И именно потому, что раскаленное в огне преступной страсти позднее любовное влечение к Марии столь сильно, столь упорно, оно придает такую драматическую остроту внутреннему конфликту в душе Мазепы, основанному на противоречии страстей, – борьбе между корыстными и бесчестными политическими видами и тоже бесчестной любовной страстью, борьбе, которая с такой трагической силой и проступает в диалоге между Мазепой и Марией и в особенности в размышлениях Мазепы у ложа спящей любовницы.

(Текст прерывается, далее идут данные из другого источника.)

-- ===== src/Flap/Receive.antt =====
-- rxqueue.c: reading from a socket, whatever the sizes of the pieces that it delivers.
use irssi_icq.Base.{
  ℕ, Option, List, ◌<◌, ◌≤◌, length, ◌≡◌, ◌++◌, some, suc, [], none, zero, ◌∙◌, ◌-◌, sym,
  append-nil, ◌==◌, ◌∷◌, arith, false, ap, ap₂, refl, length-append, drop, drop-length,
  append_assoc, ltb, if◌then◌else◌,
}
use native.Mathlib.Nat.{zero-add}
use irssi_icq.Bstream
use irssi_icq.Bstream.{Bstream}
use irssi_icq.Flap.{Conn, recv_loop, aim_recv, bstream_recv, ℕ}

-- A socket whose bytes to come are `incoming`: a call delivers some of the next bytes, one at least and
-- no more than asked for, and fails only where none are left.
pub record IsSocket {S : Type 0} (recv : S → ℕ → Option (List ℕ) × S) (incoming : S → List ℕ)
    : Type 0 where
  pub delivers :
      (s : S) (n : ℕ)
      → 0 < n
      → 0 < length (incoming s)
      → (bytes : List ℕ) × ((recv s n).0 ≡ some bytes)
        × (0 < length bytes)
        × (length bytes ≤ n)
        × (incoming s ≡ bytes ++ incoming (recv s n).1)
  pub ends : (s : S) (n : ℕ) → incoming s ≡ [] → (recv s n).0 ≡ none

-- What is the front of a list, and no longer than another front of it, is the front of that.
append_split :
    (bytes xs rest more : List ℕ)
    → xs ++ rest ≡ bytes ++ more
    → length bytes ≤ length xs
    → (ys : List ℕ) × (xs ≡ bytes ++ ys) × (more ≡ ys ++ rest)
append_split [] xs rest more e h = (xs, refl, sym e)
append_split (b ∷ bytes) [] rest more e h = absurd (omega arith)
append_split (b ∷ bytes) (x ∷ xs) rest more e h =
    let tails : xs ++ rest ≡ bytes ++ more = cc in
    let heads : x ≡ b = cc in
    let (ys, front, back) = append_split bytes xs rest more tails (omega arith) in
    (ys, ap₂ ◌∷◌ heads front, back)

fill-store :
    (buf xs : List ℕ)
    → length buf ≡ length xs
    → Bstream.store (Bstream.init buf (length xs)) xs
      ≡ record { bytes = xs; len = length xs; offset = length xs }
unfolding Bstream.init
fill-store buf xs l =
    let e : drop (length xs) buf ≡ [] = rw (← l) (drop-length buf) in
    rw zero-add (rw e (rw append-nil refl))

pub positive : (n : ℕ) → 0 < n → (n == 0) ≡ false
positive n h = ground (arith, h)

fresh_room :
    (buf : List ℕ) (n : ℕ)
    → (if ltb (Bstream.empty (Bstream.init buf n)) n then Bstream.empty (Bstream.init buf n) else n)
      ≡ n
unfolding Bstream.empty Bstream.init
fresh_room buf n = ground arith

module _ {S : Type 0} (recv : S → ℕ → Option (List ℕ) × S) where
  pub recv_loop-round :
      (rounds left : ℕ) (s : S) (got bytes : List ℕ)
      → 0 < left
      → 0 < length bytes
      → (recv s left).0 ≡ some bytes
      → recv_loop recv (suc rounds) s left got
        ≡ recv_loop recv rounds (recv s left).1 (left - length bytes) (got ++ bytes)
  recv_loop-round rounds left s got bytes l b e =
      unfold recv_loop in
      rw (positive left l, recv_loop) (rw (e) (rw (positive (length bytes) b) refl))

  recv_loop-done :
      (rounds : ℕ) (s : S) (got : List ℕ) → recv_loop recv rounds s 0 got ≡ (some got, s)
  unfolding recv_loop
  recv_loop-done zero s got = refl
  recv_loop-done (suc rounds) s got = refl

  -- What aim_bstream_recv makes of the result of aim_recv.
  abbrev pub after_recv : Bstream → ℕ → Option (List ℕ) × S → Option ℕ × Bstream × S
  after_recv bs n (none, s') = (none, bs, s')
  after_recv bs n (some bytes, s') = (some n, Bstream.store bs bytes, s')

  after_recv_lem :
      (bs : Bstream) (n : ℕ) (r : Option (List ℕ) × S)
      → elim r.0 [ none ↦ (none, bs, r.1) | some bytes ↦ (some n, Bstream.store bs bytes, r.1) ]
        ≡ after_recv bs n r
  after_recv_lem bs n (none, s') = refl
  after_recv_lem bs n (some bytes, s') = refl

  aim_recv_is :
      (s : S) (n : ℕ) (r : Option (List ℕ) × S)
      → recv_loop recv n s n [] ≡ r
      → aim_recv recv s n ≡ r
  unfolding aim_recv
  aim_recv_is s n r e = e

  -- The body of aim_bstream_recv once the size is known.
  abbrev transfer : Bstream → S → ℕ → Option ℕ × Bstream × S
  transfer bs s n = if n == 0 then (some 0, bs, s) else (elim (aim_recv recv s n).0 [
    | none ↦ (none, bs, (aim_recv recv s n).1)
    | some bytes ↦ (some n, Bstream.store bs bytes, (aim_recv recv s n).1)
  ])

  transfer_lem :
      (bs : Bstream) (s : S) (n : ℕ) → 0 < n → transfer bs s n ≡ after_recv bs n (aim_recv recv s n)
  transfer_lem bs s n h = rw (positive n h) (after_recv_lem bs n (aim_recv recv s n))

  bstream_recv-open :
      (conn : Conn) (fd : ℕ) (bs : Bstream) (n : ℕ) (s : S)
      → conn.fd ≡ some fd
      → bstream_recv recv bs conn s n
        ≡ transfer bs s (if ltb (Bstream.empty bs) n then Bstream.empty bs else n)
  bstream_recv-open conn fd bs n s f = unfold bstream_recv in rw (f, bstream_recv) refl

  pub bstream_recv-fresh :
      (conn : Conn) (fd : ℕ) (buf : List ℕ) (n : ℕ) (s : S)
      → conn.fd ≡ some fd
      → 0 < n
      → bstream_recv recv (Bstream.init buf n) conn s n
        ≡ after_recv (Bstream.init buf n) n (aim_recv recv s n)
  bstream_recv-fresh conn fd buf n s f h =
      bstream_recv-open conn fd (Bstream.init buf n) n s f
      ∙ ap (transfer (Bstream.init buf n) s) (fresh_room buf n)
      ∙ transfer_lem (Bstream.init buf n) s n h

  module _ (incoming : S → List ℕ) (sock : IsSocket recv incoming) where
    -- The loop gets exactly the bytes asked for.
    recv_loop_lem :
        (rounds left : ℕ) (s : S) (got xs rest : List ℕ)
        → left ≤ rounds
        → length xs ≡ left
        → incoming s ≡ xs ++ rest
        → (s' : S) × (recv_loop recv rounds s left got ≡ (some (got ++ xs), s'))
          × (incoming s' ≡ rest)
    recv_loop_lem rounds left s got [] rest h l e =
        (s, rw (← l) (recv_loop-done rounds s got ∙ rw (append-nil) refl), e)
    recv_loop_lem zero left s got (x ∷ xs) rest h l e = absurd (omega arith)
    recv_loop_lem (suc rounds) left s got (x ∷ xs) rest h l e =
        let (bytes, got_them, some_bytes, few, front) =
          sock.delivers s left (omega arith) (omega (arith, ap length e)) in
        let (ys, parts, others) =
          append_split bytes (x ∷ xs) rest (incoming (recv s left).1) (sym e ∙ front)
            (omega arith) in
        let (s', more, after) =
          recv_loop_lem rounds (left - length bytes) (recv s left).1 (got ++ bytes) ys rest
            (omega arith) (omega (arith, ap length parts, length-append bytes ys)) others in
        let joined : (got ++ bytes) ++ ys ≡ got ++ (x ∷ xs) =
          append_assoc got bytes ys ∙ ap (◌++◌ got) (sym parts) in
        (
          s',
          recv_loop-round rounds left s got bytes (omega arith) some_bytes got_them
              ∙ rw (← joined) more,
          after,
        )

    -- aim_bstream_recv fills a stream that is at its start with as many bytes as it has room for.
    pub bstream_recv_lem :
        (conn : Conn) (fd : ℕ) (buf : List ℕ) (s : S) (xs rest : List ℕ)
        → conn.fd ≡ some fd
        → length buf ≡ length xs
        → incoming s ≡ xs ++ rest
        → (s' : S) × (bstream_recv recv (Bstream.init buf (length xs)) conn s (length xs)
            ≡ (some (length xs), record { bytes = xs; len = length xs; offset = length xs }, s'))
          × (incoming s' ≡ rest)
    bstream_recv_lem conn fd [] s [] rest f l e = (
      s,
      unfold bstream_recv in rw (f, bstream_recv) (unfold Bstream.init Bstream.empty in refl),
      e,
    )
    bstream_recv_lem conn fd [] s (x ∷ xs) rest f l e = absurd (omega arith)
    bstream_recv_lem conn fd (b ∷ buf) s [] rest f l e = absurd (omega arith)
    bstream_recv_lem conn fd (b ∷ buf) s (x ∷ xs) rest f l e =
        let n = length (x ∷ xs) in
        let (s', got, after) = recv_loop_lem n n s [] (x ∷ xs) rest (omega arith) refl e in
        (
          s',
          bstream_recv-fresh conn fd (b ∷ buf) n s f (omega arith)
              ∙ ap (after_recv (Bstream.init (b ∷ buf) n) n) (aim_recv_is s n _ got)
              ∙ ap (λ r. (some n, r, s')) (fill-store (b ∷ buf) (x ∷ xs) l),
          after,
        )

Закономерно, что в этой борьбе (в соответствии со всем историческим характером Мазепы, как он развертывается в поэме) побеждает Мазепа-честолюбец, Мазепа-политик: «Она, обняв его колени, || Слова любви ему твердит. || Напрасно: черных помышлений || Ее любовь не удалит». Но это не значит, что победа далась Мазепе легко, что потеря Марии, которую, зная ее характер, он уже предчувствовал в ночь перед казнью и которая в самом деле произошла на следующий день, не стоила ему больших страданий: «Никто не ведал, не слыхал, || Зачем и как она бежала || Мазепа молча скрежетал. || Затихнув, челядь трепетала». Последняя из приведенных строк в своей в высшей степени выразительной лаконичности (это многозначительно подчеркнуто взаимно связанными между собой – страшной связью – подобно звучащими, но контрастными по существу глаголами: скрежетал – трепетала) раскрывает еще одну грань в характере гетмана – неумолимую жестокость тирана-крепостника. В полной мере душевное состояние Мазепы раскрывается в описании его терзаний следующей же ночью у того же, но теперь уже опустелого ложа Марии: «В груди кипучий яд нося, || В светлице гетман заперся. || Близ ложа там во мраке ночи || Сидел он, не смыкая очи, || Нездешней мукою томим». Последняя, третья песнь поэмы также начинается словами о «глубокой печали», охватившей душу Мазепы. Но и теперь коварный политик, заговорщик и предатель своей отчизны в нем преобладает: «Души глубокая печаль || Стремиться дерзновенно в даль || Вождю Украйны не мешает».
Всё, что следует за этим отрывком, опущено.